# Fireplace project - refacing with stone



## CurtX (Oct 8, 2006)

I have a masonry fireplace that is surrounded by ceramic tile.  The wall around this is just plaster over the masonry.  I'm wanting to reface all of this from the floor to the ceiling with stone. Likely a limestone look which matches the stone on the outside of my house.

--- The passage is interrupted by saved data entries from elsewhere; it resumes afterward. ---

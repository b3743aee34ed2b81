-- ===== src/Transaction/Calls.antt =====
-- The calls on a transaction of client/journal/transaction.cpp as data, and what they have in common.
use nmfs.Prelude.{Bool, Bytes, ◌≡◌, true, false, arith}
use nmfs.Map.{IsMap, put-IsMap}
use nmfs.Uuid.{Uuid}
use nmfs.Inode.{Inode}
use nmfs.Transaction.{
  Transaction, Outcome, accepted, refused, threw, mkself, rmself, chself, mkdir, rmdir, mvdir,
  mkreg, rmreg, mvreg, chreg, new_transaction,
}

pub data Call : Type 0 where
  makes_self : Inode → Call
  removes_self : Call
  changes_self : Inode → Call
  makes_dir : Inode → Bytes → Uuid → Call
  removes_dir : Inode → Bytes → Uuid → Call
  moves_dir : Inode → Bytes → Uuid → Bytes → Uuid → Call
  makes_reg : Inode → Bytes → Inode → Call
  removes_reg : Inode → Bytes → Inode → Call
  moves_reg : Inode → Bytes → Uuid → Bytes → Uuid → Call
  changes_reg : Inode → Call

unfoldable pub apply : Call → Transaction → Outcome
apply (makes_self i) tx = mkself i tx
apply removes_self tx = rmself tx
apply (changes_self i) tx = chself i tx
apply (makes_dir s name ino) tx = mkdir s name ino tx
apply (removes_dir s name ino) tx = rmdir s name ino tx
apply (moves_dir s src ino dst old) tx = mvdir s src ino dst old tx
apply (makes_reg s name f) tx = mkreg s name f tx
apply (removes_reg s name f) tx = rmreg s name f tx
apply (moves_reg s src ino dst old) tx = mvreg s src ino dst old tx
apply (changes_reg f) tx = chreg f tx

-- The transaction that a call leaves.
abbrev pub after : Outcome → Transaction
after (accepted tx) = tx
after (refused tx) = tx
after (threw tx) = tx

-- A committed transaction refuses every call and stays as it is.
pub apply_committed : (c : Call) (tx : Transaction) → tx.committed ≡ true → apply c tx ≡ refused tx
unfolding apply mkself rmself chself mkdir rmdir mvdir mkreg rmreg mvreg chreg
apply_committed (makes_self i) tx h = rw h
apply_committed _ tx h = rw h

abbrev pub is_refused : Outcome → Bool
is_refused (refused tx) = true
is_refused _ = false

-- An open transaction refuses no call, and stays open, also where the call throws.
pub apply_open :
    (c : Call) (tx : Transaction)
    → tx.committed ≡ false
    → (is_refused (apply c tx) ≡ false) × ((after (apply c tx)).committed ≡ false)
unfolding apply mkself rmself chself mkdir rmdir mvdir mkreg rmreg mvreg chreg
apply_open (makes_self i) tx h = (ground arith, ground arith)
apply_open _ tx h = (ground arith, ground arith)

-- No call changes the directory that a transaction is of.
pub apply-s_ino : (c : Call) (tx : Transaction) → (after (apply c tx)).s_ino ≡ tx.s_ino
unfolding apply mkself rmself chself mkdir rmdir mvdir mkreg rmreg mvreg chreg
apply-s_ino (makes_self i) tx = ground arith
apply-s_ino _ tx = ground arith

pub record IsWellFormed (tx : Transaction) : Type 0 where
  pub names : IsMap tx.dentries
  pub files : IsMap tx.f_inodes

pub new_transaction-IsWellFormed : (ino : Uuid) → IsWellFormed (new_transaction ino)
unfolding new_transaction
new_transaction-IsWellFormed ino = record { names = tt; files = tt }

-- Every call keeps a transaction free of doubled names and inode numbers, whether it returns or
-- throws.
pub apply-IsWellFormed :
    (c : Call) (tx : Transaction) → IsWellFormed tx → IsWellFormed (after (apply c tx))
unfolding apply mkself rmself chself mkdir rmdir mvdir mkreg rmreg mvreg chreg
apply-IsWellFormed (makes_self i) tx h = grind (arith, put-IsMap)
apply-IsWellFormed _ tx h = grind (arith, put-IsMap)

Can I just place decorative stone over the ceramic tile and the plastered wall? Both are in good, solid shape.  Or will this require the tile to be stripped and the wall prepped with some other material?


----------



## glennjanie (Oct 9, 2006)

Hello CurtX and Welcome to the Forum:
If you are cementing stone to the existing wall I would want to do some preping. However, if you are talking about laying the stone in front of the wall and not depending on the wall to hold it up ( except with brick ties )  then go to it. Make sure the floor can carry the load first.
Glenn


----------



## CurtX (Oct 15, 2006)

actually I am planning on using something like Cultured Stone or similar stone veneers.  I stumbled upon alot of useful information at http://www.culturedstone.com/

It includes installation guides and a directory of dealers close to me.  Apparently what I want to do is more of a trend than I first realized, so finding information hasn't been too difficult as I thought it would.  Although now I am tackling the notion if I can in fact do it myself or if this is better left to a professional.


----------